I have 2 Kois that I want to sell when ever you guys get set up. Shoot me a P/M. Thanks....................Rich


----------



## [email protected]

For fatheads, staple some cedar shakes to a rope spaced about 1' apart and float in the koi pond. The fatheads will lay star shaped jelly clusters of eggs on the bottom once temps are right. They have a fairly high mortality rate when spawning but they reproduce like crazy in good conditions. Koi will eat fatheads in case you were planning both.


----------



## Pay2Play

My husband showed me this thread and if you want to ask some questions, just shoot a PM. I have had my 1200 gal ornamental pond with koi for 4 years now, 2 125 and 2 55 galllon aquariums. All housing koi. A mud pond is going in this Spring. I have a koi addiction. I helped my friend design her pond also. When the electric goes out, boy do my panties get in a bunch. If you can do the job yourself, you will save a ton of money.


----------



## Alwsfishin

I've had a 10 X 15' pond for 20 yrs..a couple pics....when I dug the pond in '88 the oak tree was 6 ft tall about as thick as a quarter.......


----------



## Fishman

Great looking pond alwsfishing! The most important thing about building a Koi pond is do it right the first time! Anywhere you cut corners could fire back on you at some point in time. If you want it to be as hassel free as possible I'de recommend using a Bioforce filter with a UV light build in recommended for the size of pond you'll be using. Also use a filter fall at the end of the filtration process to really get a well polished pond. 

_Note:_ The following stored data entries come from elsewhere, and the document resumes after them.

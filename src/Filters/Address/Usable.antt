-- ===== src/Filters/Address/Usable.antt =====
-- The addresses that kolla_address returns.
use mathlib.Core.Path.{subst}
use irnmn.Prelude.{
  String, ◌≡◌, refl, Bool, true, false, not, ◌&&◌, ◌||◌, ◌==◌, eq_iff, Bool-cases, inl, inr, ◌⊎◌,
  arith, any, select, List, [], ◌∷◌, ◌&◌, Option, none, some, ◌∙◌, ap,
}
use irnmn.Text.{lower, replace}
use irnmn.Values.{Value, text, value_eq, get}
use irnmn.Effect.{Result, ok, err}
use irnmn.Effect.Post.{Gives, Gives-map}
use irnmn.Filters.Address.{
  Ipv6, Interface, Host, TemplateContext, lookup, ◌>>=◌, need, need_text, first_address,
  override_address, vip_addresses, enable_haproxy, is_global, global_address, address_of,
  interface_address, or_interface, host_named, kolla_address,
}

Gives-bind :
    {A B : Type 0} (Q : B → Type 0) (m : Result A) (f : A → Result B)
    → ((a : A) → m ≡ ok a → Gives Q (f a))
    → Gives Q (m >>= f)
Gives-bind Q (ok a) f h = h a refl
Gives-bind Q (err e) f h = tt

Gives-need : {A : Type 0} (o : Option A) (m : String) → Gives (λ a. o ≡ some a) (need o m)
Gives-need none m = tt
Gives-need (some a) m = refl

module _ (format_address : Value → Option String) (call_bool_filter : Value → Result Bool) where
  -- A global address of the list, and where HAProxy is enabled not a virtual one.
  abbrev pub IsGlobal : Host → List Ipv6 → String → Type 0
  IsGlobal host listed address =
      (haproxy_enabled : Bool) × (enable_haproxy format_address call_bool_filter host
        ≡ ok haproxy_enabled)
      × (any (λ found. found.address == address && found.scope == "global") listed ≡ true)
      × (any (value_eq (text address))
            (vip_addresses format_address call_bool_filter host haproxy_enabled)
          ≡ false)

  -- The address of the interface, by its family.
  abbrev pub IsAddressOf : Host → Interface → String → Type 0
  IsAddressOf host interface address =
      (interface.ipv4 ≡ some (some address))
      ⊎ ((listed : List Ipv6) × (interface.ipv6 ≡ some listed) × IsGlobal host listed address)

  some_is : (a b : String) → ◌≡◌ {A = Option String} (some a) (some b) → a ≡ b
  some_is a b h = ground (arith, h)

  first-global :
      (vips : List Value) (listed : List Ipv6) (address : String)
      → first_address (select (is_global format_address call_bool_filter vips) listed)
        ≡ some address
      → (any (λ found. found.address == address && found.scope == "global") listed ≡ true)
        × (any (value_eq (text address)) vips ≡ false)
  first-global vips [] address h = absurd (ground (arith, h))
  first-global vips (found ∷ rest) address h =
      elim (Bool-cases (is_global format_address call_bool_filter vips found)) [
        | inl global ↦
            let here : found.address ≡ address = some_is found.address address (rw global at h) in
            (
              ground (arith, global, eq_iff found.address address, here),
              subst (λ a. any (value_eq (text a)) vips ≡ false) here (ground (arith, global)),
            )
        | inr other ↦
            let (listed, free) = first-global vips rest address (rw other at h) in
            let later : any (λ x. x.address == address && x.scope == "global") rest ≡ true =
              listed in
            (ground (arith, later), free)
      ]

  global_of :
      (host : Host) (interface : Interface) (listed : List Ipv6)
      → interface.ipv6 ≡ some listed
      → Gives
          (λ found. (address : String) → found ≡ some address → IsAddressOf host interface address)
          (global_address format_address call_bool_filter host listed)
  global_of host interface listed there =
      Gives-bind _ (enable_haproxy format_address call_bool_filter host) _ (λ enabled is address e.
        let (global, free) =
          first-global (vip_addresses format_address call_bool_filter host enabled) listed address
            e in
        inr (listed, there, (enabled, is, global, free)))

  address_of-Gives :
      (host : Host) (interface : Interface) (family : String)
      → Gives
          (λ found. (address : String) → found ≡ some address → IsAddressOf host interface address)
          (address_of format_address call_bool_filter host interface family)
  address_of-Gives host interface family = elim (Bool-cases (family == "ipv4")) [
    | inl four ↦ rw four (
        Gives-map _ _ (need interface.ipv4 "Address family undefined on interface")
          (λ found there address e. inl (there ∙ ap some e)) (Gives-need interface.ipv4 _))
    | inr other ↦ elim (Bool-cases (family == "ipv6")) [
      | inl six ↦
          rw (other, six)
            (Gives-bind _ (need interface.ipv6 "Address family undefined on interface")
              (global_address format_address call_bool_filter host)
              (λ listed there.
                global_of host interface listed (
                  subst (Gives (λ a. interface.ipv6 ≡ some a)) there
                    (Gives-need interface.ipv6 _))))
      | inr neither ↦ rw (other, neither) tt
    ]
  ]

  -- The address of an interface of the host.
  abbrev pub IsUsable : Host → String → Type 0
  IsUsable host address =
      (name : String) × (interface : Interface) × (lookup name host.interfaces ≡ some interface)
      × IsAddressOf host interface address

  interface_address-Gives :
      (network_name : String) (host : Host)
      → Gives (IsUsable host) (interface_address format_address call_bool_filter network_name host)
  unfolding interface_address
  interface_address-Gives network_name host =
      Gives-bind _ (need_text (get (network_name & "_interface") host.variables) _) _ (λ name _.
        Gives-bind _ (need_text (get (network_name & "_address_family") host.variables) _) _
          (λ family _. elim (Bool-cases (not (lower family == "ipv4" || lower family == "ipv6"))) [
            | inl unknown ↦ rw unknown tt
            | inr known ↦ rw known (
                Gives-bind _ (need (lookup (replace "-" "_" name) host.interfaces) _) _
                  (λ interface there.
                    Gives-bind _
                      (address_of format_address call_bool_filter host interface (lower family)) _
                      (λ found is.
                        Gives-map (λ address. found ≡ some address) (IsUsable host) (need found _)
                          (λ address e. (
                            replace "-" "_" name,
                            interface,
                            subst
                                (Gives
                                  (λ i. lookup (replace "-" "_" name) host.interfaces ≡ some i))
                                there (Gives-need _ _),
                            subst
                                (Gives (λ found.
                                  (address : String)
                                  → found ≡ some address
                                  → IsAddressOf host interface address))
                                is (address_of-Gives host interface (lower family)) address e,
                          ))
                          (Gives-need found _))))
          ]))

-- An address that is returned is that of the host's override, or that of an interface of the host:
-- its IPv4 address, or one of its global IPv6 addresses, which is not a virtual address if HAProxy is
-- enabled.
pub kolla_address-Gives :
    (format_address : Value → Option String) (call_bool_filter : Value → Result Bool)
    (context : TemplateContext) (network_name : String) (hostname override_var : Option String)
    → Gives
        (λ address.
          (host : Host) × (host_named format_address call_bool_filter context hostname ≡ ok host)
          × ((override_address format_address call_bool_filter override_var host
                ≡ ok (some address))
              ⊎ IsUsable format_address call_bool_filter host address))
        (kolla_address format_address call_bool_filter context network_name hostname override_var)
unfolding kolla_address
kolla_address-Gives format_address call_bool_filter context network_name hostname override_var =
    Gives-bind _ (host_named format_address call_bool_filter context hostname) _ (λ host named.
      Gives-bind _ (override_address format_address call_bool_filter override_var host) _
        (λ override is. go host named override is))
  where
    go :
        (host : Host)
        → host_named format_address call_bool_filter context hostname ≡ ok host
        → (override : Option String)
        → override_address format_address call_bool_filter override_var host ≡ ok override
        → Gives
            (λ address.
              (host : Host) × (host_named format_address call_bool_filter context hostname
                ≡ ok host)
              × ((override_address format_address call_bool_filter override_var host
                    ≡ ok (some address))
                  ⊎ IsUsable format_address call_bool_filter host address))
            (or_interface format_address call_bool_filter network_name host override)
    go host named (some address) is = (host, named, inl is)
    go host named none is =
        Gives-map (IsUsable format_address call_bool_filter host) _ _
          (λ address usable. (host, named, inr usable))
          (interface_address-Gives format_address call_bool_filter network_name host)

Alwsfishing clearly is doing something right, judging by the quality of the water and the lack of muck on the bottom of his pond. Note that he's taken rock and placed it on top of his lillys. Koi are notorius for rooting around in the mud that ends up on the bottom of the pond/plant pots. Common carp obviously do the same thing. By placing the rocks in his pots he's basically stopping the Koi from getting at the roots of the lillys. This same process works for most potted submerged/marginal aquatic plants.

Most koi pond owners will tell you its a satifiying yet challenging experiance to keep koi, and if you're looking for something a little less challenging try shubunkins and sarasa comets. Once you post the dementions of the pond you are considering building well all be able to help you more. I'de recommend a pond of 1,000 gallons minimum for koi, based on how large the can get. 

To calculate the gallons of water you intend on ending up with just multiply lenght X width X adverage depth X 7.48 That will tell you how many gallons you pond is. 7.48 is the gallons of water per cubic foot.


----------



## johnboy111711

ben, we have one at my house, my pops poured it out of concrete. give me a call about it


----------



## Saildog

Remember to check local laws regarding protective fences around ponds like this. Some communities treat these the same as pools.


----------



## pizza

here's a few pics. Unfortunately lost my biggest koi to a heron (I think, could have been a raccoon)a couple weeks ago. The lily is gonna flower which it didn't do last year. I replanted it into a larger container and it is thriving. Only the gold/black backed is a true koi.

They love earthworms and all bugs. But for todays pics all they got was pellets


----------



## Fishman

Good tip for lillys, the reason 99&#37; of the time they don't bloom. Gotta fertilize! Easy to do, but easy to forget! Do it once a month, with 2 AquaTabs - most aquatic garden centers will have these. All ya do it push the tablet in the soil and let it go. 2 tabs supply more than adequate ammounts of nutrients to the lilly for a month and it will flower very well. The reason it's probably thriving this year, is the transplant afforded it more nutrients. Don't get me wrong, the do get some nutrients from the water and in most natural conditions that is where they aquire it. The garden pond is a closed in eco system where man in control - kinda like a big kids bioshere!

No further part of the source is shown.